Ehrlich represented the family of Douglas Zerby in their high-profile wrongful-death lawsuit against the Long Beach Police Department. Zerby was shot to death by officers while sitting on a friend's porch, holding a hose nozzle. On February 4, 2016, the Ninth Circuit affirmed a $6.5 million award in favor of Zerby's family.

In April 2016, Ehrlich argued Nickerson v. Stonebridge, a California Supreme Court case with "significant financial consequences" for the insurance industry. Ehrlich contends that the Due Process Clause of the United States Constitution permits punitive damages against insurers to be increased in proportion to damages awarded after trial.

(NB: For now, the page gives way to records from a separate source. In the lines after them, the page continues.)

-- ===== src/System/Inv.antt =====
-- What holds in every reachable state of the threads and the queues between them.
use counter_drone_streaming.Base.{List, ◌∷◌, ◌++◌, Bool, true, false, [], refl, Extends-append}
use counter_drone_streaming.Bytes.{Endian}
use counter_drone_streaming.Queue.Fifo.{IsFifo}
use counter_drone_streaming.Parser.{Parser}
use counter_drone_streaming.Logic.{Timing, Logic}
use counter_drone_streaming.System.Worker.{Thread}
use counter_drone_streaming.System.Worker.Run.{IsRunning, items, Move-IsRunning}
use counter_drone_streaming.System.Worker.Effect.{Same, Does, Move-Does}
use counter_drone_streaming.System.Stages.{parser_worker, logic_worker}
use counter_drone_streaming.System.{System, Step}
use counter_drone_streaming.System.{
  Main, Shown, by_main, interrupted_line, goodbye, joining_listener, joining_parser, joining_logic,
  saying_goodbye, joining_logger, main_returned, Writing, popping_line, draining, finished_writing,
  unused, launch, interrupted, joins_listener, joins_parser, joins_logic, says_goodbye,
  joins_logger, listener_sends, listener_logs, listener_ends, parser_moves, parser_takes,
  parser_finds_none, parser_sends, parser_logs, logic_moves, logic_takes, logic_finds_none,
  logic_logs, logger_goes_on, logger_stops, logger_writes, logger_leaves, logger_drains,
  logger_ends, Reach, here, later,
}
use counter_drone_streaming.System.Stages.{IsInStep}
use counter_drone_streaming.System.Worker.Run.{before}
use counter_drone_streaming.System.Links.{
  none_yet, RawLink, ParsedLink, LogLink, raw_put, raw_took, parsed_put, parsed_took, listener_put,
  parser_put, logic_put, log_took,
}

unused-IsFifo : {A : Type 0} → IsFifo {A = A} 0 unused
unused-IsFifo = record { order = refl; same_bound = refl; within = λ b. absurd (cc b) }

module _ {e : Endian} {T : Timing} (p₀ : Parser) (l₀ : Logic T) where
  pub record Inv (s : System e T) : Type 0 where
    pub raw : RawLink s.raw (items s.parser.taken)
    pub parsed : ParsedLink s.parsed s.parser.sent (items s.logic.taken)
    pub log : LogLink s.log s.heard s.parser.logged s.logic.logged s.written
    pub parser_runs : IsRunning (parser_worker e) p₀ s.parser
    pub logic_runs : IsRunning (logic_worker T) l₀ s.logic

  -- A thread that moves on its own.
  parser-Same :
      (s : System e T) (t : Thread (parser_worker e))
      → Same (parser_worker e) s.parser t
      → IsRunning (parser_worker e) p₀ t
      → Inv s
      → Inv (record s { parser = t })
  parser-Same s t d runs i = record {
    raw = rw d.taken i.raw;
    parsed = rw d.sent i.parsed;
    log = rw d.logged i.log;
    parser_runs = runs;
    logic_runs = i.logic_runs;
  }

  logic-Same :
      (s : System e T) (t : Thread (logic_worker T))
      → Same (logic_worker T) s.logic t
      → IsRunning (logic_worker T) l₀ t
      → Inv s
      → Inv (record s { logic = t })
  logic-Same s t d runs i = record {
    raw = i.raw;
    parsed = rw d.taken i.parsed;
    log = rw d.logged i.log;
    parser_runs = i.parser_runs;
    logic_runs = runs;
  }

  -- A step of `main`, the end of the listener, or a step of the logger that writes nothing.
  control :
      (s : System e T) (m : Main) (b : Bool) (w : Writing) (c : List Shown)
      → Inv s
      → Inv (record s { main = m; listening = b; writing = w; console = c })
  control s m b w c i = record {
    raw = i.raw;
    parsed = i.parsed;
    log = i.log;
    parser_runs = i.parser_runs;
    logic_runs = i.logic_runs;
  }

  pub Step-Inv : {s s' : System e T} → Step s s' → Inv s → Inv s'
  unfolding Does
  Step-Inv {s} (interrupted p) i =
      control s joining_listener s.listening s.writing
        (s.console ++ (by_main interrupted_line ∷ [])) i
  Step-Inv {s} (joins_listener p q) i = control s joining_parser s.listening s.writing s.console i
  Step-Inv {s} (joins_parser p q) i = control s joining_logic s.listening s.writing s.console i
  Step-Inv {s} (joins_logic p q) i = control s saying_goodbye s.listening s.writing s.console i
  Step-Inv {s} (says_goodbye p) i =
      control s joining_logger s.listening s.writing (s.console ++ (by_main goodbye ∷ [])) i
  Step-Inv {s} (joins_logger p q) i = control s main_returned s.listening s.writing s.console i
  Step-Inv {s} (listener_sends chunk p k) i = record {
    raw = raw_put s.raw _ chunk k i.raw;
    parsed = i.parsed;
    log = i.log;
    parser_runs = i.parser_runs;
    logic_runs = i.logic_runs;
  }
  Step-Inv {s} (listener_logs m p) i = record {
    raw = i.raw;
    parsed = i.parsed;
    log = listener_put s.log _ _ _ _ m i.log;
    parser_runs = i.parser_runs;
    logic_runs = i.logic_runs;
  }
  Step-Inv {s} (listener_ends p) i = control s s.main false s.writing s.console i
  Step-Inv {s} (parser_moves {t} mv) i =
      parser-Same s t (Move-Does (parser_worker e) mv)
        (Move-IsRunning (parser_worker e) mv tt i.parser_runs) i
  Step-Inv {s} (parser_takes {t} chunk q mv h) i =
      let (sent, logged, taken) = Move-Does (parser_worker e) mv in
      let (raw, k) = raw_took s.raw _ _ chunk q h i.raw in
      record {
        raw = rw taken raw;
        parsed = rw sent i.parsed;
        log = rw logged i.log;
        parser_runs = Move-IsRunning (parser_worker e) mv k i.parser_runs;
        logic_runs = i.logic_runs;
      }
  Step-Inv {s} (parser_finds_none {t} q mv h) i =
      parser-Same s t (Move-Does (parser_worker e) mv)
        (Move-IsRunning (parser_worker e) mv tt i.parser_runs) i
  Step-Inv {s} (parser_sends {t} x mv) i =
      let (sent, logged, taken) = Move-Does (parser_worker e) mv in
      record {
        raw = rw taken i.raw;
        parsed = rw sent (parsed_put s.parsed _ _ x i.parsed);
        log = rw logged i.log;
        parser_runs = Move-IsRunning (parser_worker e) mv tt i.parser_runs;
        logic_runs = i.logic_runs;
      }
  Step-Inv {s} (parser_logs {t} m mv) i =
      let (sent, logged, taken) = Move-Does (parser_worker e) mv in
      record {
        raw = rw taken i.raw;
        parsed = rw sent i.parsed;
        log = rw logged (parser_put s.log _ _ _ _ m i.log);
        parser_runs = Move-IsRunning (parser_worker e) mv tt i.parser_runs;
        logic_runs = i.logic_runs;
      }
  Step-Inv {s} (logic_moves {t} mv) i =
      logic-Same s t (Move-Does (logic_worker T) mv)
        (Move-IsRunning (logic_worker T) mv tt i.logic_runs) i
  Step-Inv {s} (logic_takes {t} x q mv h) i =
      let (sent, logged, taken) = Move-Does (logic_worker T) mv in
      record {
        raw = i.raw;
        parsed = rw taken (parsed_took s.parsed _ _ _ x q h i.parsed);
        log = rw logged i.log;
        parser_runs = i.parser_runs;
        logic_runs = Move-IsRunning (logic_worker T) mv tt i.logic_runs;
      }
  Step-Inv {s} (logic_finds_none {t} q mv h) i =
      logic-Same s t (Move-Does (logic_worker T) mv)
        (Move-IsRunning (logic_worker T) mv tt i.logic_runs) i
  Step-Inv {s} (logic_logs {t} m mv) i =
      let (sent, logged, taken) = Move-Does (logic_worker T) mv in
      record {
        raw = i.raw;
        parsed = rw taken i.parsed;
        log = rw logged (logic_put s.log _ _ _ _ m i.log);
        parser_runs = i.parser_runs;
        logic_runs = Move-IsRunning (logic_worker T) mv tt i.logic_runs;
      }
  Step-Inv {s} (logger_goes_on p q) i = control s s.main s.listening popping_line s.console i
  Step-Inv {s} (logger_stops p q) i = control s s.main s.listening draining s.console i
  Step-Inv {s} (logger_writes m q p h) i = record {
    raw = i.raw;
    parsed = i.parsed;
    log = log_took s.log _ _ _ _ m i.log _ q h;
    parser_runs = i.parser_runs;
    logic_runs = i.logic_runs;
  }
  Step-Inv {s} (logger_leaves q p h) i = control s s.main s.listening draining s.console i
  Step-Inv {s} (logger_drains m q p h) i = record {
    raw = i.raw;
    parsed = i.parsed;
    log = log_took s.log _ _ _ _ m i.log true q h;
    parser_runs = i.parser_runs;
    logic_runs = i.logic_runs;
  }
  Step-Inv {s} (logger_ends q p h) i = control s s.main s.listening finished_writing s.console i

  pub Reach-Inv : {s s' : System e T} → Inv s → Reach s s' → Inv s'
  Reach-Inv i here = i
  Reach-Inv i (later r st) = Step-Inv st (Reach-Inv i r)

  -- The threads have just been started.
  pub launch-Inv : IsInStep p₀ → Inv (launch e T p₀ l₀)
  launch-Inv g = record {
    raw = record { fifo = unused-IsFifo; chunks = tt; gave = tt; took = refl };
    parsed = record { fifo = unused-IsFifo; put = refl; took = refl };
    log = record { fifo = unused-IsFifo; put = none_yet; wrote = refl };
    parser_runs = record {
      ran = before refl refl refl;
      good = λ _. g;
      unsent = Extends-append [] _;
      unlogged = Extends-append [] _;
      published = λ q. absurd (cc q);
    };
    logic_runs = record {
      ran = before refl refl refl;
      good = λ _. tt;
      unsent = Extends-append [] _;
      unlogged = Extends-append [] _;
      published = λ q. absurd (cc q);
    };
  }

In 2016, Ehrlich will appear before the California Supreme Court to defend a $90 million class-action judgment on behalf of security guards who contend that their employers denied them legally mandated rest breaks. The justices on the Court of Appeal previously rejected Ehrlich's argument that employers may not require workers to perform any duties during rest breaks.

== Legal author and editor ==

Ehrlich is the editor-in-chief of Advocate, the most widely circulated trial-bar magazine in the United States, and he publishes articles in the magazine critiquing recent legal decisions He has also contributed numerous articles to other legal periodicals, including the Los Angeles Daily Journal.

Ehrlich serves on the board of governors for the Consumer Attorneys Association of Los Angeles, and claims to have been hired as appellate counsel by thirteen of the organization's "Trial Lawyers of the Year."

Ehrlich is co-author of the Thomson Reuters treatise on Insurance Litigation, which is frequently cited by California appellate courts as non-binding legal authorities.